Records from a data collection
——
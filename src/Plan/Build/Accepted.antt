-- ===== src/Plan/Build/Accepted.antt =====
-- The plans that RunPlan.__post_init__ of src/graphori_core/run_plan.py accepts.
use graphori.Common.{
  ℕ, String, List, [], Mem, Perm, true, false, not, ◌&&◌, any, contains, subset, all_distinct,
  is_blank, ◌≡◌, arith, both, ◌==◌, subst, distinct_keys, all-true, mem-of_contains,
}
use graphori.Common.Int.{pos, leb_ℤ}
use graphori.Common.Sort.{sort_by-perm, text_lt}
use graphori.Common.Result.{ok, ◌>>◌, guard, guard-eq-ok}
use graphori.Plan.Node.{NodeSpec, PlanEdge, RunPlan, NodeSpec-set}
use graphori.Plan.Resolve.{idents}
use graphori.Plan.Resolve.Ranked.{IsRanked, IsUnique, resolve-Resolved}
use graphori.Plan.Resolve.Accepts.{IsClosed}
use graphori.Plan.Build.{
  check_graph, build_plan, arranged, unsupported_schema, bad_run_identity, unknown_status,
  unknown_proof_policy, plan_states, proof_policies,
}
use graphori.Plan.Build.Producers.{closes, producers-contains, producers-deps, producers-sole}
use graphori.Plan.Build.Checks.{
  Passed, check_graph-Passed, required, edges_known, sprouts_hold, sprout_holds,
}

-- A plan that the scheduler can rely on.
pub record IsWellFormed (p : RunPlan) : Type 0 where
  pub distinct : all_distinct (idents p.nodes) ≡ true
  pub unique : IsUnique p.nodes
  pub closed : IsClosed p.nodes
  pub rank : String → ℕ
  pub ranked : IsRanked rank p.nodes
  pub produced :
      (n : NodeSpec)
      → Mem n p.nodes
      → (a : String) → contains n.requires_proofs a ≡ true
      → any p.nodes (closes a) ≡ true
  pub sole_producer :
      (m n : NodeSpec)
      → Mem m p.nodes
      → Mem n p.nodes
      → (a : String) → closes a m ≡ true
      → closes a n ≡ true
      → m ≡ n
  pub sprout :
      (p.proof_policy == "") ≡ false
      → (n : NodeSpec) → Mem n p.nodes
      → sprout_holds p.nodes n ≡ true
  pub endpoints :
      (e : PlanEdge)
      → Mem e p.edges
      → (contains (idents p.nodes) e.source ≡ true) × (contains (idents p.nodes) e.target ≡ true)
  pub critical : subset p.critical_path (idents p.nodes) ≡ true

pub distinct-IsUnique :
    (nodes : List NodeSpec) → all_distinct (idents nodes) ≡ true → IsUnique nodes
distinct-IsUnique nodes h m n mm mn e =
    distinct_keys (λ (x : NodeSpec). x.node_id) NodeSpec-set nodes h m n mm mn e

module _ (p : RunPlan) (h : Passed p) where
  known_deps : IsClosed p.nodes
  known_deps n m d dep =
      all-true _ n.dependencies (producers-deps (idents p.nodes) p.nodes [] h.proofs h.produced n m)
        d (mem-of_contains n.dependencies d dep)

  known_proofs :
      (n : NodeSpec)
      → Mem n p.nodes
      → (a : String) → contains n.requires_proofs a ≡ true
      → any p.nodes (closes a) ≡ true
  known_proofs n m a r =
      let listed =
        all-true _ n.requires_proofs (required h.proofs p.nodes h.required_ok n m) a
          (mem-of_contains n.requires_proofs a r) in
      ground (arith, producers-contains (idents p.nodes) p.nodes [] h.proofs a h.produced)

  sprouts :
      (p.proof_policy == "") ≡ false
      → (n : NodeSpec) → Mem n p.nodes
      → sprout_holds p.nodes n ≡ true
  sprouts policy n m = sprouts_hold p.nodes p.nodes (rw policy at h.sprout_ok) n m

  Passed-IsWellFormed : IsWellFormed p
  Passed-IsWellFormed =
      let r = resolve-Resolved p.nodes h.order (distinct-IsUnique p.nodes h.distinct) h.resolved in
      record {
        distinct = h.distinct;
        unique = distinct-IsUnique p.nodes h.distinct;
        closed = known_deps;
        rank = r.rank;
        ranked = r.ranked;
        produced = known_proofs;
        sole_producer = producers-sole (idents p.nodes) p.nodes [] h.proofs h.produced;
        sprout = sprouts;
        endpoints = λ e m. both _ _ (edges_known (idents p.nodes) p.edges h.edges_ok e m);
        critical = h.critical_ok;
      }

build_plan-checks : (raw p : RunPlan) → build_plan raw ≡ ok p → check_graph (arranged raw) ≡ ok p
unfolding build_plan
build_plan-checks raw p e =
    let k₃ =
      guard (contains proof_policies raw.proof_policy) (unknown_proof_policy raw.proof_policy)
      >> check_graph (arranged raw) in
    let k₂ = guard (contains plan_states raw.status) (unknown_status raw.status) >> k₃ in
    let k₁ =
      guard (not (is_blank raw.run_id) && leb_ℤ (pos 1) raw.plan_version) bad_run_identity >> k₂ in
    let e₁ =
      (guard-eq-ok (leb_ℤ raw.schema_version (pos 2) && leb_ℤ (pos 2) raw.schema_version)
        unsupported_schema k₁ e).1 in
    let e₂ =
      (guard-eq-ok (not (is_blank raw.run_id) && leb_ℤ (pos 1) raw.plan_version) bad_run_identity k₂
        e₁).1 in
    let e₃ = (guard-eq-ok (contains plan_states raw.status) (unknown_status raw.status) k₃ e₂).1 in
    (guard-eq-ok (contains proof_policies raw.proof_policy) (unknown_proof_policy raw.proof_policy)
      (check_graph (arranged raw)) e₃).1

-- An accepted plan is well formed and holds exactly the nodes that were passed: the node ids are
-- unique, every dependency names a node, dependencies can be ranked (so there is no cycle), every
-- required proof is closed by a node and no proof by two, the Sprout policy holds of every node
-- where one is set, and edges and critical path name nodes.
pub build_plan-IsWellFormed :
    (raw p : RunPlan) → build_plan raw ≡ ok p → IsWellFormed p × Perm p.nodes raw.nodes
build_plan-IsWellFormed raw p e =
    let (same, passed) = check_graph-Passed (arranged raw) p (build_plan-checks raw p e) in
    (
      subst IsWellFormed same (Passed-IsWellFormed (arranged raw) passed),
      subst (λ (q : RunPlan). Perm q.nodes raw.nodes) same
          (sort_by-perm (λ (a b : NodeSpec). text_lt a.node_id b.node_id) raw.nodes),
    )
——
§ **To do**:
Wherever the string "Common" appears in the entries above, list that line.

§ **Response**:
use graphori.Common.{
use graphori.Common.Int.{pos, leb_ℤ}
use graphori.Common.Sort.{sort_by-perm, text_lt}
use graphori.Common.Result.{ok, ◌>>◌, guard, guard-eq-ok}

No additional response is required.